To better understand how the different pieces of the immune system develop, immunologists Florent Ginhoux and Naomi McGovern at the Agency for Science, Technology and Research (A*STAR) in Singapore and their colleagues studied tissue from nearly 100 elective abortions performed between 14 and 22 weeks of gestation. Consistent with other studies, they found that as early as 13 weeks of development, the fetus was producing a range of immune system cells, including dendritic cells, which recognize invaders and signal other immune cells to attack. These cells were fully functional, the researchers found: In lab experiments, they responded as well as adult dendritic cells to molecules that mimic pathogens, the researchers report today in Nature.

Dendritic cells usually send out signals that ramp up proliferation of another type of immune cell, T cells, which then attack invaders. But when the researchers added the dendritic cells to a mix of adult immune cells, the fetal dendritic cells triggered more than the usual number of T regulatory cells, which keep the production of T cells in check. The researchers also found that different genes were switched on in fetal dendritic cells than in adult dendritic cells. In particular, fetal cells made high amounts of arginase-2, an enzyme that breaks down L-arginine, a key ingredient in the production of a key messenger named tumor necrosis factor alpha (TNF-alpha). TNF-alpha triggers inflammation, a general state of war against an invader; make less of it, and your immune system reacts less aggressively. “The system is fully active and able to respond,” Ginhoux says, but at the same time it has built-in brakes.

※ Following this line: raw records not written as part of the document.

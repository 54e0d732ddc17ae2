-- ===== src/Farm/Campaign.antt =====
-- src/run_farm/farm.py, class FarmCampaign: the state, `plan` and `gate_launch`.
use run_farm.Prelude.{
  ℕ, String, Bool, true, false, Option, none, some, List, [], ◌∷◌, ◌++◌, map, length, Dict, insert,
  has, string_eq, if◌then◌else◌, join, sorted,
}
use run_farm.Json.{Value, Hashing}
use run_farm.Config.{Config}
use run_farm.Registry.Files.{Base}
use run_farm.Registry.Events.{Events}
use run_farm.Driver.{World}
use run_farm.CutFlow.{CutFlow, enter, mark}
use run_farm.Farm.Launch.{launch_gate}

abbrev pub fleet_stages : List String
fleet_stages = "planned" ∷ "launch-gate" ∷ "completed" ∷ "shipped" ∷ "verified" ∷ "registered" ∷ []

-- A leg: `rid` and `cfg`, `plan` if it has one, and its other keys.
pub record Leg : Type 0 where
  pub rid : String
  pub cfg : Dict String Value
  pub plan : Option (List Value)
  pub others : Dict String Value

-- What the caller injects, and the hashing.
pub record Policy : Type 0 where
  pub preflight : Dict String Value → List String
  pub stage_validate : List Value → Dict String Value → List String
  pub config_factory : Leg → String → Dict String String → Config
  pub hashing : Hashing

-- The fields of a FarmCampaign. `corpus` holds what `ingest` was called with, in order.
pub record Campaign (S : Type 0) : Type 0 where
  pub gtag : String
  pub required_shas : Dict String String
  pub world : World (Base S) (Events S)
  pub cf : CutFlow
  pub configs : List Config
  pub ingested : Dict String String
  pub gated : Bool
  pub corpus : List Value

-- The status dictionaries, less their `rid`.
pub data Status : Type 0 where
  registered conflict : Status
  skip_ok lost : String → Status
  rejected : List String → Status

-- ValueError on duplicate rids, or the counts.
pub data Planned : Type 0 where
  duplicate_rids : List String → Planned
  counts : ℕ → ℕ → Planned

abbrev pub is_empty : {A : Type 0} → List A → Bool
is_empty [] = true
is_empty (x ∷ xs) = false

-- `(dups if rid in seen else seen).add(rid)`
unfoldable pub duplicates : Dict String (Unit {0}) → Dict String (Unit {0}) → List Leg → List String
duplicates seen dups [] = map (λ (d : String × Unit {0}). d.0) dups
duplicates seen dups (leg ∷ legs) =
    if has leg.rid seen
    then duplicates seen (insert leg.rid tt dups) legs
    else duplicates (insert leg.rid tt seen) dups legs

-- `preflight(cfg) + stage_validate(leg.get("plan", []), cfg)`
abbrev pub violations : Policy → Leg → List String
violations policy leg =
    policy.preflight leg.cfg
    ++ policy.stage_validate (elim leg.plan [ none ↦ [] | some p ↦ p ]) leg.cfg

module _ {S : Type 0} where
  -- `self.cf.mark`: the stages of FLEET_STAGES do not raise.
  abbrev pub mark_leg : Campaign S → String → String → Bool → String → Campaign S
  mark_leg k rid stage ok reason = record k { cf = (mark k.cf rid stage ok reason).1 }

  abbrev pub enter_leg : Campaign S → String → Campaign S
  enter_leg k rid = record k { cf = enter k.cf rid }

  module _ (policy : Policy) where
    -- One leg of `plan`, behind the duplicate scan: its config if it is valid.
    unfoldable pub plan_leg : Campaign S → Leg → List Config × Campaign S
    plan_leg k leg =
        let pv = violations policy leg in
        let k' = mark_leg (enter_leg k leg.rid) leg.rid "planned" (is_empty pv) (join "; " pv) in
        (if is_empty pv then policy.config_factory leg k'.gtag k'.required_shas ∷ [] else [], k')

    unfoldable pub plan_legs : Campaign S → List Leg → List Config × Campaign S
    plan_legs k [] = ([], k)
    plan_legs k (leg ∷ legs) =
        let (valid, k') = plan_leg k leg in
        let (rest, k'') = plan_legs k' legs in (valid ++ rest, k'')

    abbrev pub plan_checked : Campaign S → List Leg → List String → Planned × Campaign S
    plan_checked k legs [] =
        let (ok, k') = plan_legs k legs in
        (counts (length legs) (length ok), record k' { configs = ok })
    plan_checked k legs (d ∷ ds) = (duplicate_rids (sorted (d ∷ ds)), k)

    unfoldable pub plan : Campaign S → List Leg → Planned × Campaign S
    plan k legs = plan_checked (record k { gated = false }) legs (duplicates [] [] legs)

  unfoldable pub mark_configs : Campaign S → List Config → Bool → String → Campaign S
  mark_configs k [] ok reason = k
  mark_configs k (c ∷ cs) ok reason =
      mark_configs (mark_leg k c.rid "launch-gate" ok reason) cs ok reason

  unfoldable pub gate_launch : Campaign S → List Config → List String × Campaign S
  gate_launch k launched =
      let v = launch_gate k.configs launched in
      let k' = mark_configs k k.configs (is_empty v) (join "; " v) in
      (v, record k' { gated = is_empty v })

The insight “builds nicely on a number of studies” showing that parts of the fetal immune system are in place fairly early in development, says Jakob Michaelsson, an immunologist at the Karolinska Institute in Stockholm. The fetal cells’ ability to keep the immune response in check is quite potent, he says, and harnessing that ability in adults could lead to new ways to treat autoimmune diseases, in which the body improperly attacks its own cells. In another set of experiments, the researchers found that fetal dendritic cells could block the production of TNF-alpha by adult T cells as well.

Ginhoux and his colleagues also note that high levels of TNF-alpha are common in some types of miscarriage, gestational diabetes, and necrotizing enterocolitis, an out-of-control immune reaction that often afflicts premature infants. The arginase-2 pathway might be a way to better understand and perhaps find treatments for those conditions, Ginhoux says.